Let $a, b$ and $c$ be real numbers, each greater than $1$, such that
$$\frac2
3
\log_b (a) +
\frac3
5
\log_c
(b) +
\frac5
2
\log_a
(c) = 3$$If the value of $b$ is $9$, then the value of $a$ must beSource: ISI BMath UGA 2017
I'm not very familiar on how to solve questions relating to logarithms of the above sort, but I started with the base change rule: $ \log_c (b) = \frac{1}{\log_b(c)}$, $ \log_a (c) = \frac{\log_b (c)}{\log_b(a)}$, $b=9$, plugging the information in:
$$ \frac23 \log_9 (a) + \frac35 \frac{1}{\log_9(c)} + \frac52 \frac{\log_9(c)}{\log_9(a)}=3 \tag{1}$$
Making the denominator as one:
$$ \frac23 \log_9(a)^2 \log_9(c) + \frac35 \log_9 (a) + \frac52 \log_9 (a) \log_9(c)^2 = \log_9(c) \log_9(a)$$
This doesn't seem the way to go.
Observation: The product of coefficient in the lhs of equation-(1) is just one.
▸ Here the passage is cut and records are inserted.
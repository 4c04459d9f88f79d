-- ===== src/Stm/Locking/Opening.antt =====
-- `open_read` and `open_write` keep the lock invariant.
use mathlib.Core.Path.{subst}
use cluster_stm.Common.{
  ◌%◌, ◌^◌, ◌∙◌, ℕ, ◌*◌, ◌<◌, ◌≡◌, ◌≢◌, refl, sym, ◌⊎◌, inl, inr, true, false, Option, none, some,
  ◌==◌, arith, ap, Bool-cases, Option-cases, ==→eq, ==_refl,
}
use cluster_stm.Stm.Types.{LockType, read, write, Config, succeed, fail}
use cluster_stm.Stm.Meta.{test_write_bit, inc_readers, set_write_bit}
use cluster_stm.Stm.Hashmap.{get-put_self, get-put_ne, get-store_self, get-store_ne}
use cluster_stm.Stm.Node.{
  DatasetEntry, Buffer, Libs, Node, meta_at, entry_of, set_meta, set_dataset, read_bytes,
}
use cluster_stm.Stm.Open.{
  open_read, open_write, acquire_write, new_dataset_entry, can_write, grant_write, promote,
}
use cluster_stm.Stm.Locking.Word.{Guards-read, Guards-write}
use cluster_stm.Stm.Locking.Addresses.{IsAligned}
use cluster_stm.Stm.Locking.Invariant.{IsVisible, IsKeyed, Inv, Inv-set, Inv-keep, mode_of, modes}

pub type-cases : (t : LockType) → (t ≡ write) ⊎ (t ≡ read)
type-cases read = inr refl
type-cases write = inl refl

grant_write-type : (c : Config) (b : Buffer) (e : DatasetEntry) → (grant_write c b e).type ≡ write
unfolding grant_write
grant_write-type c b e = ground arith

module _ (l : Libs) (s : ℕ) (m : l.datasets.Map) (a : ℕ) (al : IsAligned s a)
    (keyed : IsKeyed l s m) where
  pub put-IsKeyed :
      (v : DatasetEntry) → l.datasets.get m a ≡ none → IsKeyed l s (l.datasets.put m a v)
  put-IsKeyed v new b e h = elim (Bool-cases (a == b)) [
    | inl same ↦ subst (λ k. IsAligned s k) (==→eq a b same) al
    | inr other ↦ keyed b e (ground (arith, l.datasets.get-put m a b v new))
  ]

  pub store-IsKeyed :
      (v w : DatasetEntry) → l.datasets.get m a ≡ some w → IsKeyed l s (l.datasets.store m a v)
  store-IsKeyed v w old b e h = elim (Bool-cases (a == b)) [
    | inl same ↦ subst (λ k. IsAligned s k) (==→eq a b same) al
    | inr other ↦ keyed b e (ground (arith, l.datasets.get-store m a b v w old))
  ]

-- What the two operations do on each branch of this configuration.
module _ {l : Libs} {c : Config} (v : IsVisible c) (n : Node l) (p a : ℕ) where
  pub open_read_old :
      {e : DatasetEntry} → entry_of n p a ≡ some e → open_read c n p a ≡ (n, succeed)
  unfolding open_read
  open_read_old h = ground arith

  pub open_read_busy :
      entry_of n p a ≡ none
      → test_write_bit (n.meta (meta_at n a)) ≡ true
      → open_read c n p a ≡ (n, fail)
  unfolding open_read
  open_read_busy new busy = ground arith

  pub open_read_new :
      entry_of n p a ≡ none
      → test_write_bit (n.meta (meta_at n a)) ≡ false
      → open_read c n p a ≡ (
        set_meta
            (set_dataset n p (l.datasets.put (n.tx_dors p).dataset a (new_dataset_entry read 0)))
            (meta_at n a)
            (inc_readers (n.meta (meta_at n a))),
        succeed,
      )
  unfolding open_read
  open_read_new new free = ground (arith, v.unversioned)

pub can_write_free :
    (c : Config)
    → IsVisible c
    → (m : ℕ) (entry : Option DatasetEntry) → can_write c m entry ≡ true
    → (m ≡ 0) ⊎ ((m ≡ 2) × (entry ≢ none))
unfolding can_write
can_write_free c v m none h = ground (arith, v.early, v.unversioned)
can_write_free c v m (some e) h = ground (arith, v.early, v.unversioned)

module _ {l : Libs} {c : Config} (v : IsVisible c) (n : Node l) (p a : ℕ) where
  -- The state after a write lock was taken.
  abbrev pub write_locked : l.datasets.Map → Node l
  write_locked ds = set_meta (set_dataset n p ds) (meta_at n a) (set_write_bit (p * 2 % 2 ^ 32))

  pub acquire_write_fail :
      (entry : Option DatasetEntry)
      → can_write c (n.meta (meta_at n a)) entry ≡ false
      → acquire_write c n p a entry ≡ (n, fail)
  unfolding acquire_write
  acquire_write_fail entry h = rw h

  pub acquire_write-none :
      can_write c (n.meta (meta_at n a)) none ≡ true
      → acquire_write c n p a none ≡ (
        write_locked (
            l.datasets.put
              (n.tx_dors p).dataset
              a
              (grant_write c (read_bytes n.mem a) (new_dataset_entry write 0))),
        succeed,
      )
  unfolding acquire_write
  acquire_write-none h = rw (h, v.early, v.unversioned)

  pub acquire_write-some :
      (e : DatasetEntry)
      → can_write c (n.meta (meta_at n a)) (some e) ≡ true
      → acquire_write c n p a (some e) ≡ (
        write_locked
            (l.datasets.store (n.tx_dors p).dataset a (grant_write c (read_bytes n.mem a) e)),
        succeed,
      )
  unfolding acquire_write
  acquire_write-some e h = rw (h, v.early, v.unversioned)

  pub open_write-none : entry_of n p a ≡ none → open_write c n p a ≡ acquire_write c n p a none
  unfolding open_write
  open_write-none h = rw (h, open_write)

  pub open_write_held :
      {e : DatasetEntry}
      → entry_of n p a ≡ some e
      → e.type ≡ write
      → open_write c n p a ≡ (n, succeed)
  unfolding open_write
  open_write_held h w = rw (h, open_write, w)

  pub open_write_read :
      {e : DatasetEntry}
      → entry_of n p a ≡ some e
      → e.type ≡ read
      → open_write c n p a
        ≡ acquire_write c
            (set_dataset n p (l.datasets.store (n.tx_dors p).dataset a e))
            p
            a
            (some e)
  unfolding open_write promote
  open_write_read h r = rw (h, open_write, r, v.early)

module _ {l : Libs} {procs : ℕ} {c : Config} (v : IsVisible c) (p a : ℕ) (lt : p < procs) where
  Inv-read :
      {n : Node l}
      → Inv procs n
      → IsAligned n.share_power a
      → entry_of n p a ≡ none
      → test_write_bit (n.meta (meta_at n a)) ≡ false
      → Inv procs (
          set_meta
            (set_dataset n p (l.datasets.put (n.tx_dors p).dataset a (new_dataset_entry read 0)))
            (meta_at n a)
            (inc_readers (n.meta (meta_at n a))))
  unfolding new_dataset_entry
  Inv-read {n} inv al new free =
      let ds = (n.tx_dors p).dataset in
      let e = new_dataset_entry read 0 in
      let w = inc_readers (n.meta (meta_at n a)) in
      Inv-set inv p a al (l.datasets.put ds a e)
        (λ b ne. ap mode_of (get-put_ne l.datasets ds a e new b ne))
        (put-IsKeyed l n.share_power ds a al (inv.keyed p) e new) w
        (rw (get-put_self l.datasets ds a e new)
          (Guards-read p lt inv.few (inv.guarded a al) (ap mode_of new) free))

  pub open_read-Inv :
      {n : Node l} → Inv procs n → IsAligned n.share_power a → Inv procs (open_read c n p a).0
  open_read-Inv {n} inv al = elim (Option-cases (entry_of n p a)) [
    | inr (e, have) ↦ rw (open_read_old v n p a have) inv
    | inl new ↦ elim (Bool-cases (test_write_bit (n.meta (meta_at n a)))) [
      | inl busy ↦ rw (open_read_busy v n p a new busy) inv
      | inr free ↦ rw (open_read_new v n p a new free) (Inv-read inv al new free)
    ]
  ]

  -- What `open_write` does when it succeeds: a WRITE entry, and this processor's word.
  Inv-write :
      {n : Node l} (ds : l.datasets.Map) (e : DatasetEntry)
      → Inv procs n
      → IsAligned n.share_power a
      → e.type ≡ write
      → l.datasets.get ds a ≡ some e
      → ((b : ℕ) → b ≢ a → l.datasets.get ds b ≡ entry_of n p b)
      → IsKeyed l n.share_power ds
      → (n.meta (meta_at n a) ≡ 0) ⊎ ((n.meta (meta_at n a) ≡ 2) × (modes n a p ≡ some read))
      → Inv procs (set_meta (set_dataset n p ds) (meta_at n a) (set_write_bit (p * 2 % 2 ^ 32)))
  Inv-write {n} ds e inv al wr got others keyed free =
      Inv-set inv p a al ds (λ b ne. ap mode_of (others b ne)) keyed
        (set_write_bit (p * 2 % 2 ^ 32)) (rw (got, wr) (Guards-write p lt (inv.guarded a al) free))

  acquire_write-none-Inv :
      {n : Node l}
      → Inv procs n
      → IsAligned n.share_power a
      → entry_of n p a ≡ none
      → Inv procs (acquire_write c n p a none).0
  acquire_write-none-Inv {n} inv al new =
      let ds = (n.tx_dors p).dataset in
      let e = grant_write c (read_bytes n.mem a) (new_dataset_entry write 0) in
      elim (Bool-cases (can_write c (n.meta (meta_at n a)) none)) [
        | inr busy ↦ rw (acquire_write_fail v n p a none busy) inv
        | inl free ↦ rw (acquire_write-none v n p a free) (
            Inv-write (l.datasets.put ds a e) e inv al (grant_write-type c _ _)
              (get-put_self l.datasets ds a e new) (get-put_ne l.datasets ds a e new)
              (put-IsKeyed l n.share_power ds a al (inv.keyed p) e new)
              (ground (arith, can_write_free c v _ none free)))
      ]

  acquire_write-some-Inv :
      {n : Node l} {e : DatasetEntry}
      → Inv procs n
      → IsAligned n.share_power a
      → entry_of n p a ≡ some e
      → e.type ≡ read
      → Inv procs (acquire_write c n p a (some e)).0
  acquire_write-some-Inv {n} {e} inv al have rd =
      let ds = (n.tx_dors p).dataset in
      let e' = grant_write c (read_bytes n.mem a) e in
      elim (Bool-cases (can_write c (n.meta (meta_at n a)) (some e))) [
        | inr busy ↦ rw (acquire_write_fail v n p a (some e) busy) inv
        | inl free ↦ rw (acquire_write-some v n p a e free) (
            Inv-write (l.datasets.store ds a e') e' inv al (grant_write-type c _ _)
              (get-store_self l.datasets ds a e' e have) (get-store_ne l.datasets ds a e' e have)
              (store-IsKeyed l n.share_power ds a al (inv.keyed p) e' e have)
              (elim (can_write_free c v _ (some e) free) [
                | inl zero' ↦ inl zero'
                | inr two ↦ inr (two.0, rw (have, rd))
              ]))
      ]

  pub open_write-Inv :
      {n : Node l} → Inv procs n → IsAligned n.share_power a → Inv procs (open_write c n p a).0
  open_write-Inv {n} inv al = elim (Option-cases (entry_of n p a)) [
    | inl new ↦ rw (open_write-none v n p a new) (acquire_write-none-Inv inv al new)
    | inr (e, have) ↦ open_held e have (type-cases e.type)
  ]
    where
      ds : l.datasets.Map
      ds = (n.tx_dors p).dataset

      open_held :
          (e : DatasetEntry)
          → entry_of n p a ≡ some e
          → (e.type ≡ write) ⊎ (e.type ≡ read)
          → Inv procs (open_write c n p a).0
      open_held e have (inl wr) = rw (open_write_held v n p a have wr) inv
      open_held e have (inr rd) =
          let got = get-store_self l.datasets ds a e e have in
          rw (open_write_read v n p a have rd) (
            acquire_write-some-Inv
              (Inv-keep inv p a al (l.datasets.store ds a e)
                (λ b ne. ap mode_of (get-store_ne l.datasets ds a e e have b ne))
                (store-IsKeyed l n.share_power ds a al (inv.keyed p) e e have)
                (ap mode_of (got ∙ sym have)))
              al (rw (==_refl p, entry_of) got) rd)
I thought maybe if I cube both sides then there will be a term of one on the LHS .. but the rest of the expressions is quite ugly, so it doesn't seem to be of much help.
Best Answer
\begin{align*} \frac23\frac{\log a}{\log b}+\frac35\frac{\log b}{\log c}+\frac52\frac{\log c}{\log a}\ge3\left(\frac23\frac{\log a}{\log b}\cdot\frac35\frac{\log b}{\log c}\cdot\frac52 \frac{\log c}{\log a}\right)^\frac13=3 \end{align*}
with the equality holds if and only if $\displaystyle \frac23\frac{\log a}{\log b}=\frac35\frac{\log b}{\log c}=\frac52\frac{\log c}{\log a}$
So, $a=27$.